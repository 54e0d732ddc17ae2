-- ===== src/Registry/Events.antt =====
-- src/run_farm/reference.py, JsonlEventSink.
use run_farm.Prelude.{
  String, Option, none, some, List, [], ◌∷◌, ◌++◌, Dict, lookup, insert, string_eq,
}
use run_farm.Json.{Value}
use run_farm.Config.{Config}
use run_farm.Registry.{EventSink}

-- By run: events.jsonl, and the captures under triggered/. A capture is numbered by how many there
-- are, and none is ever removed, so the numbers are the places in the list.
pub record Events (S : Type 0) : Type 0 where
  pub lines : Dict String (List Value)
  pub triggered : Dict String (List (String × S))

abbrev or_empty : {A : Type 0} → Option (List A) → List A
or_empty none = []
or_empty (some xs) = xs

module _ {S : Type 0} where
  unfoldable pub emit : Events S → Config → Value → Events S
  emit e c v = record e {
    lines = insert c.run_name (or_empty (lookup c.run_name e.lines) ++ v ∷ []) e.lines;
  }

  unfoldable pub trigger : Events S → Config → S → String → Events S
  trigger e c s reason = record e {
    triggered =
        insert c.run_name (or_empty (lookup c.run_name e.triggered) ++ (reason, s) ∷ [])
          e.triggered;
  }

  unfoldable pub close : Events S → Config → Events S
  close e c = e

abbrev pub jsonl_sink : (S : Type 0) → EventSink S (Events S)
jsonl_sink S = record { emit = emit; trigger = trigger; close = close }
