-- ===== src/Driver/Alone.antt =====
-- What `execute_config` of src/run_farm/driver.py leaves alone, over the file registry and the event files.
use run_farm.Prelude.{
  Dict, insert, has, ◌≡◌, ◌≢◌, refl, ◌∙◌, String, false, List, [], ◌∷◌, ◌==◌, string_eq, pair_eq,
  lookup, lookup-insert, arith, if_ind,
}
use run_farm.Config.{Config}
use run_farm.Registry.Files.{
  File, config, result, Base, file_registry, register, is_complete, load, save, finish,
}
use run_farm.Registry.Events.{Events, jsonl_sink}
use run_farm.Driver.{
  Call, checkpoint, emit, trigger, Ending, returned, raised, RunFn, Outcome, World, call, calls,
  conclude, execute_config,
}

lookup_other :
    {B : Type 0} (a b : String) (x : B) (d : Dict String B)
    → (a == b) ≡ false
    → lookup b (insert a x d) ≡ lookup b d
lookup_other a b x d ne = ground (arith, ne, lookup-insert a b x d)

module _ (S : Type 0) where
  -- Whatever stands in the directory of the run `d` is as it was: each of its files, and its lines of events
  -- and of triggers.
  abbrev pub Untouched : Config → World (Base S) (Events S) → World (Base S) (Events S) → Type 0
  Untouched d w w' =
      ((name : String)
        → lookup (d.run_name, name) w'.store.files ≡ lookup (d.run_name, name) w.store.files)
      × (lookup d.run_name w'.events.lines ≡ lookup d.run_name w.events.lines)
      × (lookup d.run_name w'.events.triggered ≡ lookup d.run_name w.events.triggered)

  Untouched-trans :
      (d : Config) (u v w : World (Base S) (Events S))
      → Untouched d u v
      → Untouched d v w
      → Untouched d u w
  Untouched-trans d u v w (p, q, r) (p', q', r') = (λ name. p' name ∙ p name, q' ∙ q, r' ∙ r)

  module _ (c d : Config) (ne : (c.run_name == d.run_name) ≡ false) where
    insert_elsewhere :
        (f name : String) (x : File S) (files : Dict (String × String) (File S))
        → lookup (d.run_name, name) (insert (c.run_name, f) x files)
          ≡ lookup (d.run_name, name) files
    insert_elsewhere f name x files =
        ground (arith, ne, lookup-insert (c.run_name, f) (d.run_name, name) x files)

    opened-Untouched :
        (w : World (Base S) (Events S)) → Untouched d w (record w { store = register w.store c })
    unfolding register
    opened-Untouched w = (
      λ name.
          if_ind
            (λ (b : Base S).
              lookup (d.run_name, name) b.files ≡ lookup (d.run_name, name) w.store.files)
            (has (c.run_name, "config.json") w.store.files) (λ _. refl)
            (λ _. insert_elsewhere "config.json" name (config c.json) w.store.files),
      refl,
      refl,
    )

    call-Untouched :
        (w : World (Base S) (Events S)) (x : Call S)
        → Untouched d w (call (file_registry S) (jsonl_sink S) c w x)
    unfolding save run_farm.Registry.Events.emit run_farm.Registry.Events.trigger
    call-Untouched w (checkpoint s k) = (
      λ name. insert_elsewhere "checkpoint.npz" name (File.checkpoint s k) w.store.files,
      refl,
      refl,
    )
    call-Untouched w (emit v) =
        (λ name. refl, lookup_other c.run_name d.run_name _ w.events.lines ne, refl)
    call-Untouched w (trigger s reason) =
        (λ name. refl, refl, lookup_other c.run_name d.run_name _ w.events.triggered ne)

    calls-Untouched :
        (xs : List (Call S)) (w : World (Base S) (Events S))
        → Untouched d w (calls (file_registry S) (jsonl_sink S) c w xs)
    unfolding calls
    calls-Untouched [] w = (λ name. refl, refl, refl)
    calls-Untouched (x ∷ xs) w =
        let w' = call (file_registry S) (jsonl_sink S) c w x in
        Untouched-trans d w w' (calls (file_registry S) (jsonl_sink S) c w' xs) (call-Untouched w x)
          (calls-Untouched xs w')

    conclude-Untouched :
        (w : World (Base S) (Events S)) (ending : Ending)
        → Untouched d w (conclude (file_registry S) (jsonl_sink S) c w ending).1
    unfolding finish run_farm.Registry.Events.close
    conclude-Untouched w (returned v) =
        (λ name. insert_elsewhere "DONE.json" name (result v) w.store.files, refl, refl)
    conclude-Untouched w (raised e) = (λ name. refl, refl, refl)

  -- A run, whatever its RunFn does and however it ends, leaves each file in the directory of every other run as it
  -- was, and the other run's events and triggers.
  pub execute_config-Untouched :
      (run_fn : RunFn S) (c d : Config) (w : World (Base S) (Events S))
      → c.run_name ≢ d.run_name
      → Untouched d w (execute_config (file_registry S) (jsonl_sink S) run_fn c w).1
  unfolding execute_config
  execute_config-Untouched run_fn c d w differs =
      let ne : (c.run_name == d.run_name) ≡ false =
        ground (arith, string_eq.beq_iff c.run_name d.run_name, differs) in
      let w' : World (Base S) (Events S) = record w { store = register w.store c } in
      let ran = run_fn c (load w'.store c) in
      let end = calls (file_registry S) (jsonl_sink S) c w' ran.calls in
      if_ind (λ (r : Outcome × World (Base S) (Events S)). Untouched d w r.1)
        (is_complete w'.store c) (λ _. opened-Untouched c d ne w)
        (λ _.
          Untouched-trans d w w' (conclude (file_registry S) (jsonl_sink S) c end ran.ending).1
            (opened-Untouched c d ne w)
            (Untouched-trans d w' end (conclude (file_registry S) (jsonl_sink S) c end ran.ending).1
              (calls-Untouched c d ne ran.calls w') (conclude-Untouched c d ne end ran.ending)))
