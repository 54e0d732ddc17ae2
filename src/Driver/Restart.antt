-- ===== src/Driver/Restart.antt =====
-- Skips, restarts and reruns of src/run_farm/driver.py, over any registry that keeps its contract.
use run_farm.Prelude.{
  ℕ, ◌≡◌, ◌≢◌, refl, ap, ◌∙◌, String, true, false, Option, some, List, [], ◌∷◌, string_eq, beq_refl,
  arith, Bool-cases, inl, inr,
}
use run_farm.Config.{Config}
use run_farm.Registry.{RunRegistry, IsRegistry, EventSink}
use run_farm.Driver.{
  Call, checkpoint, emit, trigger, Ending, returned, raised, Ran, RunFn, skipped, failed, World,
  call, calls, conclude, execute_config,
}

-- The state that a restart resumes from: the last checkpoint among the calls, or the one before.
abbrev pub last_checkpoint : {S : Type 0} → List (Call S) → Option (S × ℕ) → Option (S × ℕ)
last_checkpoint [] before = before
last_checkpoint (checkpoint s k ∷ xs) before = last_checkpoint xs (some (s, k))
last_checkpoint (emit v ∷ xs) before = last_checkpoint xs before
last_checkpoint (trigger s reason ∷ xs) before = last_checkpoint xs before

module _ {S W E : Type 0} (registry : RunRegistry S W) (sink : EventSink S E)
    (laws : IsRegistry registry) where
  -- The run has a directory and a result.
  abbrev pub Settled : W → Config → Type 0
  Settled w c = (laws.registered w c ≡ true) × (registry.is_complete w c ≡ true)

  pub calls-kept :
      (c d : Config) (xs : List (Call S)) (w : World W E)
      → (laws.registered (calls registry sink c w xs).store d ≡ laws.registered w.store d)
        × (registry.is_complete (calls registry sink c w xs).store d
            ≡ registry.is_complete w.store d)
  unfolding calls
  calls-kept c d [] w = (refl, refl)
  calls-kept c d (checkpoint s k ∷ xs) w = ground (
    arith,
    calls-kept c d xs (call registry sink c w (checkpoint s k)),
    laws.registered-save w.store c d s k,
    laws.complete-save w.store c d s k,
  )
  calls-kept c d (emit v ∷ xs) w = calls-kept c d xs (call registry sink c w (emit v))
  calls-kept c d (trigger s r ∷ xs) w = calls-kept c d xs (call registry sink c w (trigger s r))

  load-calls :
      (c : Config) (xs : List (Call S)) (w : World W E)
      → registry.load (calls registry sink c w xs).store c
        ≡ last_checkpoint xs (registry.load w.store c)
  unfolding calls
  load-calls c [] w = refl
  load-calls c (checkpoint s k ∷ xs) w = ground (
    arith,
    load-calls c xs (call registry sink c w (checkpoint s k)),
    laws.load-save w.store c c s k,
    beq_refl c.run_name,
  )
  load-calls c (emit v ∷ xs) w = load-calls c xs (call registry sink c w (emit v))
  load-calls c (trigger s r ∷ xs) w = load-calls c xs (call registry sink c w (trigger s r))

  abbrev pub opened : World W E → Config → World W E
  opened w c = record w { store = registry.register w.store c }

  abbrev pub attempt : RunFn S → Config → World W E → Ran S
  attempt run_fn c w = run_fn c (registry.load (opened w c).store c)

  -- The world when the RunFn ends.
  abbrev pub ran : RunFn S → Config → World W E → World W E
  ran run_fn c w = calls registry sink c (opened w c) (attempt run_fn c w).calls

  conclude-Settled :
      (c : Config) (w : World W E) (ending : Ending)
      → laws.registered w.store c ≡ true
      → ((e : String) → (conclude registry sink c w ending).0 ≢ failed e)
      → Settled (conclude registry sink c w ending).1.store c
  conclude-Settled c w (returned v) r ok = ground (
    arith,
    laws.registered-finish w.store c c v,
    laws.complete-finish w.store c c v,
    beq_refl c.run_name,
  )
  conclude-Settled c w (raised e) r ok = absurd (ok e refl)

  registered-ran :
      (run_fn : RunFn S) (c : Config) (w : World W E)
      → laws.registered (ran run_fn c w).store c ≡ true
  registered-ran run_fn c w = ground (
    arith,
    calls-kept c c (attempt run_fn c w).calls (opened w c),
    laws.registered-register w.store c c,
    beq_refl c.run_name,
  )

  -- A run that did not fail is settled.
  pub execute_config-Settled :
      (run_fn : RunFn S) (c : Config) (w : World W E)
      → ((e : String) → (execute_config registry sink run_fn c w).0 ≢ failed e)
      → Settled (execute_config registry sink run_fn c w).1.store c
  unfolding execute_config
  execute_config-Settled run_fn c w =
      elim (Bool-cases (registry.is_complete (opened w c).store c)) [
        | inl done ↦
            rw done λ ok. ground (arith, laws.registered-register w.store c c, beq_refl c.run_name)
        | inr open_run ↦ rw open_run (
            conclude-Settled c (ran run_fn c w) (attempt run_fn c w).ending
              (registered-ran run_fn c w))
      ]

  -- Running a settled config, with whatever RunFn, is skipped and changes nothing.
  pub skip-Settled :
      (run_fn : RunFn S) (c : Config) (w : World W E)
      → Settled w.store c
      → execute_config registry sink run_fn c w ≡ (skipped, w)
  unfolding execute_config
  skip-Settled run_fn c w (r, done) = rw (laws.register_again w.store c r, done)

  -- Re-submitting a run that finished or was skipped is a no-op, whatever the RunFn: it is skipped,
  -- and the registry and the records stay as they are.
  pub execute_config_again :
      (run_fn again : RunFn S) (c : Config) (w : World W E)
      → ((e : String) → (execute_config registry sink run_fn c w).0 ≢ failed e)
      → execute_config registry sink again c (execute_config registry sink run_fn c w).1
        ≡ (skipped, (execute_config registry sink run_fn c w).1)
  execute_config_again run_fn again c w ok =
      skip-Settled again c _ (execute_config-Settled run_fn c w ok)

  -- A run that was not complete and whose RunFn raises is left incomplete, without a result, and the
  -- next attempt loads the last checkpoint that the RunFn wrote, or the one from before.
  pub resume_after_failure :
      (run_fn : RunFn S) (c : Config) (w : World W E) (e : String)
      → registry.is_complete w.store c ≡ false
      → (run_fn c (registry.load w.store c)).ending ≡ raised e
      → ((execute_config registry sink run_fn c w).0 ≡ failed e)
        × (registry.is_complete (execute_config registry sink run_fn c w).1.store c ≡ false)
        × (registry.load (execute_config registry sink run_fn c w).1.store c
            ≡ last_checkpoint (run_fn c (registry.load w.store c)).calls (registry.load w.store c))
  unfolding execute_config
  resume_after_failure run_fn c w e incomplete failure =
      rw (laws.complete-register w.store c c, laws.load-register w.store c c, incomplete, failure)
        (
          refl,
          (calls-kept c c (run_fn c (registry.load w.store c)).calls (opened w c)).1
              ∙ laws.complete-register w.store c c
              ∙ incomplete,
          load-calls c (run_fn c (registry.load w.store c)).calls (opened w c)
              ∙ ap (last_checkpoint (run_fn c (registry.load w.store c)).calls)
                  (laws.load-register w.store c c),
        )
____________
Set down each line of the material verbatim, from the first line through the line that contains "-- are, and".

repository 54e0d732ddc17ae2
-- ===== src/Registry/Events.antt =====
-- src/run_farm/reference.py, JsonlEventSink.
use run_farm.Prelude.{
  String, Option, none, some, List, [], ◌∷◌, ◌++◌, Dict, lookup, insert, string_eq,
}
use run_farm.Json.{Value}
use run_farm.Config.{Config}
use run_farm.Registry.{EventSink}

-- By run: events.jsonl, and the captures under triggered/. A capture is numbered by how many there
-- are, and none is ever removed, so the numbers are the places in the list.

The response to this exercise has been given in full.